Evaluation of Using Different Screwed Abutment Height

Not Applicable

Completed

Brief Summary: A prospective randomized controlled clinical trial will be conducted. Study groups will be assigned as described above. The patients will be randomly divided into two groups in order to study the influence of prosthetic screw abutment in marginal bone loss (MBL) around Bone Level Tapered implants (BLT® Roxolid® SLActive® guided implants, Straumann Dental Implant System, Institut Straumann AG, Basel, Switzerland).

Detailed Description: 48 patients will be selected with partial edentulism in the maxilla or mandible, requiring two dental implants in the posterior areas (molars and premolars).
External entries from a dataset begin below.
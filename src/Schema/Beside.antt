-- ===== src/Schema/Beside.antt =====
-- A schema beside another, and statements that touch only one of them.
pub mod Lists
pub use Lists.{any-beside, any-false, any-narrow}
use basket_shared.Schema.Beside.Lists.{filter-beside, map-beside}
use basket_shared.Prelude.{
  Bool, true, false, not, ◌&&◌, ◌||◌, List, [], ◌∷◌, ◌++◌, any, filter, All, Text, text_eq, arith,
  ◌≡◌, refl, ap, ◌∙◌,
}
use basket_shared.Schema.{
  Schema, Statement, Outcome, done, failed, create_type_if_absent, create_table, create_index,
  add_column_if_absent, drop_column_if_exists, drop_index_if_exists, drop_table_if_exists,
  drop_type_if_exists, set_row_security, set_forced, create_policy, drop_policy_if_exists, enums,
  uses_type, perform, run, after, has_table, has_type, has_columns, has_relation, is_read,
  has_policy, is_primary, every, member, update_table, without_column, without_table, Table,
}

abbrev pub beside : Schema → Schema → Schema
beside r s = record {
  uuid_ossp = s.uuid_ossp;
  types = s.types ++ r.types;
  tables = s.tables ++ r.tables;
  indexes = s.indexes ++ r.indexes;
  policies = s.policies ++ r.policies;
}

abbrev pub outcome_beside : Schema → Outcome → Outcome
outcome_beside r (done s) = done (beside r s)
outcome_beside r (failed e) = failed e

-- No object of the schema has the name, belongs to a table of that name, or uses a type of it.
abbrev pub IsFree : Schema → Text → Type 0
IsFree r n =
    (any (λ t. text_eq t.name n) r.tables ≡ false)
    × (any (λ i. text_eq i.name n) r.indexes ≡ false)
    × (any (λ i. text_eq i.table n) r.indexes ≡ false)
    × (any (λ e. text_eq e.name n) r.types ≡ false)
    × (uses_type n r ≡ false)
    × (any (λ p. text_eq p.table n) r.policies ≡ false)

-- The names of tables, indexes and types in a statement.
abbrev pub names : Statement → List Text
names (create_type_if_absent e) = e.name ∷ []
names (create_table n cs k ks) = n ∷ k ∷ enums cs
names (create_index absent i) = i.name ∷ i.table ∷ []
names (add_column_if_absent n c) = n ∷ enums (c ∷ [])
names (drop_column_if_exists n c) = n ∷ []
names (drop_index_if_exists n) = n ∷ []
names (drop_table_if_exists n) = n ∷ []
names (drop_type_if_exists n) = n ∷ []
names (set_row_security n on) = n ∷ []
names (set_forced n on) = n ∷ []
names (create_policy p) = p.table ∷ []
names (drop_policy_if_exists p n) = n ∷ []

-- What the tests of `perform` and its changes are on the larger schema.
module _ (r s : Schema) where
  has_table-beside : (n : Text) → IsFree r n → has_table n (beside r s) ≡ has_table n s
  has_table-beside n f = any-beside (λ t. text_eq t.name n) s.tables r.tables f.0

  has_relation-beside : (n : Text) → IsFree r n → has_relation n (beside r s) ≡ has_relation n s
  has_relation-beside n f =
      rw (has_table-beside n f)
        (ap (λ b. has_table n s || b) (any-beside (λ i. text_eq i.name n) s.indexes r.indexes f.1))

  has_type-beside : (n : Text) → IsFree r n → has_type n (beside r s) ≡ has_type n s
  has_type-beside n f = any-beside (λ e. text_eq e.name n) s.types r.types f.3

  every_type-beside :
      (ns : List Text)
      → All (IsFree r) ns
      → every (λ n. has_type n (beside r s)) ns ≡ every (λ n. has_type n s) ns
  every_type-beside [] fs = refl
  every_type-beside (n ∷ ns) (f, fs) =
      rw (has_type-beside n f) (ap (λ b. has_type n s && b) (every_type-beside ns fs))

  has_columns-beside :
      (n : Text) (cs : List Text) → IsFree r n → has_columns n cs (beside r s) ≡ has_columns n cs s
  has_columns-beside n cs f = any-beside _ s.tables r.tables (
      any-narrow (λ t. text_eq t.name n)
        (λ t. every (λ c. any (λ k. text_eq k.name c) t.columns) cs) r.tables f.0)

  uses_type-beside : (n : Text) → IsFree r n → uses_type n (beside r s) ≡ uses_type n s
  uses_type-beside n f = any-beside _ s.tables r.tables f.4

  is_read-beside : (n c : Text) → IsFree r n → is_read n c (beside r s) ≡ is_read n c s
  is_read-beside n c f =
      any-beside _ s.policies r.policies
        (any-narrow (λ p. text_eq p.table n) (λ p. member c p.columns) r.policies f.5)

  has_policy-beside : (n p : Text) → IsFree r n → has_policy n p (beside r s) ≡ has_policy n p s
  has_policy-beside n p f =
      any-beside _ s.policies r.policies
        (any-narrow (λ q. text_eq q.table n) (λ q. text_eq q.name p) r.policies f.5)

  is_primary-beside : (n : Text) → IsFree r n → is_primary n (beside r s) ≡ is_primary n s
  is_primary-beside n f =
      any-beside _ s.indexes r.indexes
        (any-narrow (λ i. text_eq i.name n) (λ i. i.primary) r.indexes f.1)

  update_table-beside :
      (n : Text) (g : Table → Table)
      → IsFree r n
      → update_table n g (beside r s) ≡ beside r (update_table n g s)
  update_table-beside n g f =
      ap (λ ts. record (beside r s) { tables = ts })
        (map-beside (λ t. text_eq t.name n) g s.tables r.tables f.0)

  without_column-beside :
      (n c : Text) → IsFree r n → without_column n c (beside r s) ≡ beside r (without_column n c s)
  without_column-beside n c f =
      rw
        (map-beside (λ t. text_eq t.name n)
          (λ t. record t { columns = filter (λ k. not (text_eq k.name c)) t.columns }) s.tables
          r.tables f.0)
        (rw
          (filter-beside (λ i. text_eq i.table n && member c i.columns) s.indexes r.indexes
            (any-narrow (λ i. text_eq i.table n) (λ i. member c i.columns) r.indexes f.2))
          refl)

  without_table-beside :
      (n : Text) → IsFree r n → without_table n (beside r s) ≡ beside r (without_table n s)
  without_table-beside n f = rw (filter-beside (λ t. text_eq t.name n) s.tables r.tables f.0) (
      rw (filter-beside (λ i. text_eq i.table n) s.indexes r.indexes f.2)
        (rw (filter-beside (λ p. text_eq p.table n) s.policies r.policies f.5) refl))

  -- A statement whose names are free in one schema runs on the other one only.
  perform-beside :
      (q : Statement)
      → All (IsFree r) (names q)
      → perform q (beside r s) ≡ outcome_beside r (perform q s)
  unfolding perform
  perform-beside (create_type_if_absent e) (f, _) = ground (arith, has_type-beside e.name f)
  perform-beside (create_table n cs k ks) (f, (g, fs)) =
      ground
        (arith, has_relation-beside n f, has_relation-beside k g, every_type-beside (enums cs) fs)
  perform-beside (create_index absent i) (f, (g, _)) = ground (
    arith,
    has_relation-beside i.name f,
    has_table-beside i.table g,
    has_columns-beside i.table i.columns g,
  )
  perform-beside (add_column_if_absent n c) (f, fs) = ground (
    arith,
    has_table-beside n f,
    has_columns-beside n (c.name ∷ []) f,
    every_type-beside (enums (c ∷ [])) fs,
    update_table-beside n (λ t. record t { columns = t.columns ++ c ∷ [] }) f,
  )
  perform-beside (drop_column_if_exists n c) (f, _) =
      ground (arith, has_table-beside n f, is_read-beside n c f, without_column-beside n c f)
  perform-beside (drop_index_if_exists n) (f, _) =
      ground (
        arith,
        is_primary-beside n f,
        filter-beside (λ i. text_eq i.name n) s.indexes r.indexes f.1,
      )
  perform-beside (drop_table_if_exists n) (f, _) = ap done (without_table-beside n f)
  perform-beside (drop_type_if_exists n) (f, _) =
      ground
        (arith, uses_type-beside n f, filter-beside (λ e. text_eq e.name n) s.types r.types f.3)
  perform-beside (set_row_security n on) (f, _) =
      ground
        (arith, has_table-beside n f, update_table-beside n (λ t. record t { row_security = on }) f)
  perform-beside (set_forced n on) (f, _) =
      ground (arith, has_table-beside n f, update_table-beside n (λ t. record t { forced = on }) f)
  perform-beside (create_policy p) (f, _) = ground (
    arith,
    has_table-beside p.table f,
    has_policy-beside p.table p.name f,
    has_columns-beside p.table p.columns f,
  )
  perform-beside (drop_policy_if_exists p n) (f, _) =
      ap (λ ps. done (record (beside r s) { policies = ps }))
        (filter-beside (λ q. text_eq q.table n && text_eq q.name p) s.policies r.policies
          (any-narrow (λ q. text_eq q.table n) (λ q. text_eq q.name p) r.policies f.5))

after-beside :
    (r : Schema) (qs : List Statement)
    → ((t : Schema) → run qs (beside r t) ≡ outcome_beside r (run qs t))
    → (o : Outcome)
    → after (outcome_beside r o) (λ t. run qs t) ≡ outcome_beside r (after o (λ t. run qs t))
after-beside r qs rest (done t) = rest t
after-beside r qs rest (failed e) = refl

run-beside :
    (r : Schema) (qs : List Statement) (s : Schema)
    → All (λ q. All (IsFree r) (names q)) qs
    → run qs (beside r s) ≡ outcome_beside r (run qs s)
run-beside r [] s fs = refl
run-beside r (q ∷ qs) s (f, fs) =
    rw (perform-beside r s q f) (after-beside r qs (λ t. run-beside r qs t fs) (perform q s))

-- `IsFree` as a test, for each name in some statements.
abbrev pub is_free : Schema → Text → Bool
is_free r n = not (
    any (λ t. text_eq t.name n) r.tables
    || any (λ i. text_eq i.name n) r.indexes
    || any (λ i. text_eq i.table n) r.indexes
    || any (λ e. text_eq e.name n) r.types
    || uses_type n r
    || any (λ p. text_eq p.table n) r.policies)

abbrev pub are_free : Schema → List Statement → Bool
are_free r qs = every (λ q. every (is_free r) (names q)) qs

pub IsFree-is_free : (r : Schema) (n : Text) → is_free r n ≡ true → IsFree r n
IsFree-is_free r n h = ground arith

module _ {A : Type 0} where
  every-All :
      (p : A → Bool) (P : A → Type 0)
      → ((x : A) → p x ≡ true → P x)
      → (xs : List A) → every p xs ≡ true
      → All P xs
  every-All p P f [] h = tt
  every-All p P f (x ∷ xs) h = (f x (ground arith), every-All p P f xs (ground arith))

pub run-are_free :
    (r : Schema) (qs : List Statement) (s t : Schema)
    → are_free r qs ≡ true
    → run qs s ≡ done t
    → run qs (beside r s) ≡ done (beside r t)
run-are_free r qs s t free ran =
    run-beside r qs s
      (every-All _ _ (λ q. every-All (is_free r) (IsFree r) (IsFree-is_free r) (names q)) qs free)
    ∙ ap (outcome_beside r) ran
Each patient will be randomly allocated in one of the two groups: test group (n=36) or control group (n=12) and all the implants will be placed by residents of the International Master in Oral Surgery and Master in Periodontics of the same University.

Study groups

Group 1: Two stage approach (cover screw in first surgery and healing abutment in second surgery) (12 patients)

Group 2: One stage approach (healing cap over trans-epithelial abutments) (36 patients).Two subgroups according to different trans-epithelial height abutment:

* Subgroup 2.1: Screw-retained abutment of 1 mm height (18 patients)

* Subgroup 2.2: Screw-retained abutment of 2.5 mm height (18 patients)

Clinical Parameters and Outcomes

* Three-dimensional volumetric changes in hard and soft tissues (Cone-beam computed tomography superposed with digital cast models).

* Marginal bone level (MBL) change: Standardized intraoral periapical x-rays will be taken on the day of surgery, 4, 6, 12, 24 and 36 months following surgery.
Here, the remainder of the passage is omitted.